The 59th edition of the Rencontres de Moriond QCD and High-Energy Interactions conference took place in La Thuile, Italy, from March 31st to April 6th. This conference was created by Jean Tran Thanh Van in 1966 with the goal of fostering collaboration between experimentalists and theorists in a beautiful and relaxed atmosphere.
João Pires, researcher in the LIP Phenomenology group, contributed with a talk in the session dedicated to QCD. The contribution was titled “Precise Determination of the Strong Coupling Constant αₛ from Dijet Cross Sections up to the Multi-TeV Range.”
The strong coupling constant, denoted by αₛ, is one of the fundamental constants in particle physics that governs the strength of the interaction between quarks and gluons in Quantum Chromodynamics (QCD). A unique aspect of QCD is the property of asymptotic freedom, which awarded the 2004 Nobel Prize in Physics to David Gross, David Politzer, and Frank Wilczek. From this property, it can be deduced that the value of αₛ decreases at higher energies and increases at lower energies. This discovery represented a crucial advancement in our understanding of the nature of the strong force, revealing how it behaves at different energy scales.
For the research presented at Moriond, a new determination of the value of the strong coupling constant αₛ was made, based on experimental measurements from the ATLAS and CMS experiments at the LHC at center-of-mass energies of 7, 8, and 13 TeV, and its asymptotic freedom behavior was studied. The analysis was carried out using NNLO predictions for jet production in perturbative QCD, developed within the phenomenology group at LIP. From a large subset of LHC experimental data, we inferred a value of αₛ at the Z boson mass scale of αₛ(mZ) = 0.1178 ± 0.0022.

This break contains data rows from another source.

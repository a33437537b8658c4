-- ===== src/Scoring/Score.antt =====
-- mgd/src/evictor/scoring.rs: the composite score and the target that it picks.
use lmkd_linux.Prelude.{ℕ, ◌-◌, ◌≤◌, ◌<◌, ◌≡◌, refl, ◌⊎◌, ◌↔◌, arith}
use lmkd_linux.Prelude.Int.{ℤ, pos, ◌≤ℤ◌}
use lmkd_linux.Types.{Kb}
use lmkd_linux.Time.{Instant}
use lmkd_linux.Meminfo.{MemInfo}
use lmkd_linux.Psi.{rank}
use lmkd_linux.Scoring.{
  ControlState, warning, emergency_state, order, to_pressure_level, target_state_for, ScoreTracker,
  shares, composite, update_with, swap_io_rate, one,
}

mono_score :
    (p p' : ℕ) (t : ℤ) (psi io : ℕ)
    → p ≤ p'
    → order (target_state_for p t psi io) ≤ order (target_state_for p' t psi io)
unfolding target_state_for
mono_score p p' t psi io h = ground arith

mono_trend :
    (p : ℕ) (t t' : ℤ) (psi io : ℕ)
    → t ≤ℤ t'
    → order (target_state_for p t psi io) ≤ order (target_state_for p t' psi io)
unfolding target_state_for
mono_trend p t t' psi io h = ground arith

mono_live :
    (p : ℕ) (t : ℤ) (psi psi' io io' : ℕ)
    → psi ≤ psi'
    → io ≤ io'
    → order (target_state_for p t psi io) ≤ order (target_state_for p t psi' io')
unfolding target_state_for
mono_live p t psi psi' io io' h k = ground arith

-- A score, trend, stall and swap I/O rate that are all at least as high give a target that is at
-- least as high.
pub target_state_for_mono :
    (p p' : ℕ) (t t' : ℤ) (psi psi' io io' : ℕ)
    → p ≤ p'
    → t ≤ℤ t'
    → psi ≤ psi'
    → io ≤ io'
    → order (target_state_for p t psi io) ≤ order (target_state_for p' t' psi' io')
target_state_for_mono p p' t t' psi psi' io io' h k l m = omega (
  arith,
  mono_score p p' t psi io h,
  mono_trend p' t t' psi io k,
  mono_live p' t' psi psi' io io' l m,
)

-- The warning band needs life: with a score below 0.20 the target is at most warning, and it is
-- warning exactly when the score has reached 0.15 and stall or swap I/O is over its floor.
pub target_state_for-warning :
    (p : ℕ) (t : ℤ) (psi io : ℕ)
    → p < 20000000
    → (order (target_state_for p t psi io) ≤ order warning)
      × ((target_state_for p t psi io ≡ warning)
          ↔ ((15000000 ≤ p) × ((50 < psi) ⊎ (1000000000 < io))))
unfolding target_state_for
target_state_for-warning p t psi io h =
    (ground arith, ((λ k. (ground arith, ground arith)), λ k. ground arith))

-- Without a rising trend the target is a function of four fixed bands of the score.
pub target_state_for-bands :
    (p : ℕ) (t : ℤ) (psi io : ℕ)
    → t ≤ℤ pos 2000000
    → ((target_state_for p t psi io ≡ emergency_state) ↔ (70000000 ≤ p))
      × ((3 ≤ order (target_state_for p t psi io)) ↔ (50000000 ≤ p))
      × ((2 ≤ order (target_state_for p t psi io)) ↔ (30000000 ≤ p))
unfolding target_state_for
target_state_for-bands p t psi io h = (
  ((λ k. ground arith), λ k. ground arith),
  ((λ k. ground arith), λ k. ground arith),
  ((λ k. ground arith), λ k. ground arith),
)

pub order-to_pressure_level : (s : ControlState) → rank (to_pressure_level s) ≡ order s
unfolding to_pressure_level
order-to_pressure_level s = ground arith

shares-le :
    (psi : ℕ) (m : MemInfo) (gpu : Kb) (io : ℕ)
    → let s = shares psi m gpu io in
      (s.psi_val ≤ one) × (s.swap_val ≤ one) × (s.gpu_share ≤ one) × (s.swap_io_val ≤ one)
unfolding shares
shares-le psi m gpu io = (ground arith, ground arith, ground arith, ground arith)

shares_idle :
    (psi : ℕ) (m : MemInfo)
    → m.swap_total_kb ≡ 0
    → let s = shares psi m 0 0 in (s.swap_val ≡ 0) × (s.gpu_share ≡ 0) × (s.swap_io_val ≡ 0)
unfolding shares
shares_idle psi m h = (ground arith, ground arith, ground arith)

module _ (st : ScoreTracker) (psi : ℕ) (m : MemInfo) (pin pout : ℕ) (gpu : Kb) (now : Instant) where
  -- The score is at most one, each share counts by its weight, and the tracker remembers the score,
  -- the time and the counters of this cycle.
  pub update_with-bounds :
      let (st', c) = update_with st psi m pin pout gpu now in
      (c.p_score ≤ 100000000)
      × (c.gpu_val ≤ one)
      × (st'.last_score ≡ c.p_score)
      × (st'.last_time ≡ now)
      × (st'.last_pswpin ≡ pin)
      × (st'.last_pswpout ≡ pout)
  unfolding update_with composite
  update_with-bounds =
      let b = shares-le psi m gpu (swap_io_rate st pin pout (now - st.last_time)) in
      (omega arith, b.2, refl, refl, refl, refl)

  -- Stalls alone never reach the emergency score: with no swap, no GPU memory and no swap I/O the
  -- score is at most 0.55, whatever the pressure.
  pub update_with_stall_only :
      m.swap_total_kb ≡ 0
      → gpu ≡ 0
      → swap_io_rate st pin pout (now - st.last_time) ≡ 0
      → (update_with st psi m pin pout gpu now).1.p_score ≤ 55000000
  unfolding update_with composite
  update_with_stall_only h k l =
      rw (k, l) (omega (arith, shares_idle psi m h, (shares-le psi m 0 0).0))
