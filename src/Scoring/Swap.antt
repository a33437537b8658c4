-- ===== src/Scoring/Swap.antt =====
-- mgd/src/evictor/scoring.rs: apply_swap_overrides over one cycle and over a run of cycles.
use lmkd_linux.Prelude.{
  ℕ, ◌≤◌, ◌<◌, ◌≡◌, refl, ◌⊎◌, ◌↔◌, Option, none, some, List, [], ◌∷◌, All, arith,
}
use lmkd_linux.Types.{Kb}
use lmkd_linux.Time.{Instant, duration_since, as_secs}
use lmkd_linux.Psi.{PressureLevel, rank, critical, emergency}
use lmkd_linux.Scoring.{apply_swap_overrides}

module _ (level : PressureLevel) (used : ℕ) (swap_total : Kb) (start : Option Instant)
    (now : Instant) where
  -- The overrides never lower a level, swap used to 95 % makes it at least critical, and with no
  -- swap device, or less of it used, the level stays.
  pub apply_swap_overrides_raises :
      let (result, timer) = apply_swap_overrides level used swap_total start now in
      (rank level ≤ rank result)
      × (0 < swap_total → 950000 ≤ used → rank critical ≤ rank result)
      × ((swap_total ≡ 0) ⊎ (used < 950000) → result ≡ level)
  unfolding apply_swap_overrides
  apply_swap_overrides_raises = (ground arith, (λ h k. ground arith), λ h. ground arith)

-- One cycle's reading of the loop in evictor/mod.rs.
pub record Cycle : Type 0 where
  pub level : PressureLevel
  pub used : ℕ
  pub now : Instant

-- The timer `sustained_critical_swap_start` after some cycles.
pub timer_after : Kb → Option Instant → List Cycle → Option Instant
timer_after swap_total timer [] = timer
timer_after swap_total timer (c ∷ cs) =
    timer_after swap_total (apply_swap_overrides c.level c.used swap_total timer c.now).1 cs

abbrev pub NearFull : Cycle → Type 0
NearFull c = 980000 ≤ c.used

start_timer :
    (swap_total : Kb) (c : Cycle)
    → 0 < swap_total
    → NearFull c
    → (apply_swap_overrides c.level c.used swap_total none c.now).1 ≡ some c.now
unfolding apply_swap_overrides
start_timer swap_total c h k = ground arith

keep_timer :
    (swap_total : Kb) (c : Cycle) (t : Instant)
    → 0 < swap_total
    → NearFull c
    → (apply_swap_overrides c.level c.used swap_total (some t) c.now).1 ≡ some t
unfolding apply_swap_overrides
keep_timer swap_total c t h k = ground arith

timer_kept :
    (swap_total : Kb) (t : Instant) (cs : List Cycle)
    → 0 < swap_total
    → All NearFull cs
    → timer_after swap_total (some t) cs ≡ some t
unfolding timer_after
timer_kept swap_total t [] h k = refl
timer_kept swap_total t (c ∷ cs) h k =
    rw (keep_timer swap_total c t h k.0, timer_after) (timer_kept swap_total t cs h k.1)

timer_started :
    (swap_total : Kb) (c : Cycle) (cs : List Cycle)
    → 0 < swap_total
    → All NearFull (c ∷ cs)
    → timer_after swap_total none (c ∷ cs) ≡ some c.now
unfolding timer_after
timer_started swap_total c cs h k =
    rw (start_timer swap_total c h k.0, timer_after) (timer_kept swap_total c.now cs h k.1)

at_timer :
    (swap_total : Kb) (c : Cycle) (t : Instant)
    → 0 < swap_total
    → NearFull c
    → ((apply_swap_overrides c.level c.used swap_total (some t) c.now).0 ≡ emergency)
      ↔ ((c.level ≡ emergency) ⊎ (45 ≤ as_secs (duration_since c.now t)))
unfolding apply_swap_overrides
at_timer swap_total c t h k = ((λ e. ground arith), λ e. ground arith)

-- Swap that stays used to 98 % from a first cycle on escalates to emergency in a later cycle exactly
-- when at least 45 seconds have passed since the first, or that cycle's own level is emergency.
pub sustained_swap_escalates :
    (swap_total : Kb) (first : Cycle) (cs : List Cycle) (last : Cycle)
    → 0 < swap_total
    → All NearFull (first ∷ cs)
    → NearFull last
    → ((apply_swap_overrides last.level last.used swap_total
          (timer_after swap_total none (first ∷ cs))
          last.now).0
        ≡ emergency)
      ↔ ((last.level ≡ emergency) ⊎ (45 ≤ as_secs (duration_since last.now first.now)))
sustained_swap_escalates swap_total first cs last h k l =
    rw (timer_started swap_total first cs h k) (at_timer swap_total last first.now h l)
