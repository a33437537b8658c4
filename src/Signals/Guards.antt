-- ===== src/Signals/Guards.antt =====
-- mgd/src/executor/freezer.rs and killer.rs: the guards against pids that were reused.
use lmkd_linux.Prelude.{
  ℕ, zero, suc, ◌+◌, ◌<◌, ◌≡◌, ◌≢◌, ◌⊎◌, ◌↔◌, refl, Bool, true, false, Option, none, some, [], ◌∷◌,
  arith,
}
use lmkd_linux.Types.{Pid}
use lmkd_linux.Execute.{success, fail}
use lmkd_linux.Signals.{
  sigterm_signal, sigkill_signal, unfreeze_checked, freeze_checked, Victim, outlives, same_start,
  sigkill, sigterm,
}

-- A process whose start time is not the expected one, or that is gone, gets neither SIGSTOP nor
-- SIGCONT: freezing it fails, and releasing it counts as done.
pub checked_spares_recycled :
    (st : Option ℕ) (delivered : Bool) (pid : Pid) (expected : ℕ)
    → st ≢ some expected
    → (freeze_checked st delivered pid expected ≡ (fail false, []))
      × (unfreeze_checked st delivered pid expected ≡ (success, []))
unfolding freeze_checked unfreeze_checked
checked_spares_recycled st delivered pid expected h = (ground arith, ground arith)

outlives_all :
    (at : ℕ → Bool) (i n : ℕ) → (outlives at i n ≡ true) ↔ ((k : ℕ) → k < n → at (i + k) ≡ true)
unfolding outlives
outlives_all at i zero = ((λ _ k h. absurd (omega arith)), λ _. refl)
outlives_all at i (suc n) =
    let ih = outlives_all at (i + 1) n in
    (
      (λ e k h. later (ground arith) (ih.0 (ground arith)) k h),
      λ f.
          let now = move (i + 0) i (omega arith) (f 0 (omega arith)) in
          let rest =
            ih.1 (λ k h. move (i + suc k) (i + 1 + k) (omega arith) (f (suc k) (omega arith))) in
          ground (arith, now, rest),
    )
  where
    move : (a b : ℕ) → a ≡ b → at a ≡ true → at b ≡ true
    move a b e h = rw (← e) h

    later :
        at i ≡ true
        → ((k : ℕ) → k < n → at (i + 1 + k) ≡ true)
        → (k : ℕ) → k < suc n
        → at (i + k) ≡ true
    later h f zero q = move i (i + 0) (omega arith) h
    later h f (suc k) q = move (i + 1 + k) (i + suc k) (omega arith) (f k (omega arith))

sigterm-tests :
    (v : Victim)
    → ((sigterm v).1 ≡ sigterm_signal ∷ sigkill_signal ∷ []) ↔ (
        (v.term_delivered ≡ true)
        × (outlives v.exists_at 0 10 ≡ true)
        × ((v.original_start ≡ none) ⊎ (v.later_start ≡ v.original_start)))
unfolding sigterm sigkill same_start
sigterm-tests v = ((λ h. (ground arith, ground arith, ground arith)), λ h. ground arith)

-- The escalation to SIGKILL: it is sent exactly if SIGTERM was delivered, the process is there at all
-- ten polls, and its start time was unknown or is still the same.
pub sigterm_escalates :
    (v : Victim)
    → ((sigterm v).1 ≡ sigterm_signal ∷ sigkill_signal ∷ []) ↔ (
        (v.term_delivered ≡ true)
        × ((k : ℕ) → k < 10 → v.exists_at k ≡ true)
        × ((v.original_start ≡ none) ⊎ (v.later_start ≡ v.original_start)))
sigterm_escalates v =
    let tests = sigterm-tests v in
    let polls = outlives_all v.exists_at 0 10 in
    (
      (λ h.
          let (d, o, s) = tests.0 h in
          (d, (λ k q. move (0 + k) k (omega arith) (polls.0 o k q)), s)),
      λ (d, f, s). tests.1 (d, polls.1 (λ k q. move k (0 + k) (omega arith) (f k q)), s),
    )
  where
    move : (a b : ℕ) → a ≡ b → v.exists_at a ≡ true → v.exists_at b ≡ true
    move a b e h = rw (← e) h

Complementing the LHC data with cross-sections measurements at the HERA collider, which operated at lower energy scales, the hypothesis of asymptotic freedom in QCD was tested in this work over three orders of magnitude in energy scale, from 7 GeV to 7 TeV. The results obtained show excellent agreement with the evolution predicted by QCD, up to the multi-TeV scale.
Since the determination of the value of αₛ can also be made through other methods, using different observables at different energy scales, the values obtained by various research groups may exhibit small variations, compatible within their respective uncertainties. The next step is to include this new determination of αₛ obtained at the LHC with a precision of 1.87%, in the global analysis of αₛ determinations conducted by the PDG (Particle Data Group) collaboration, an international collaboration responsible for establishing measurements of various physical quantities.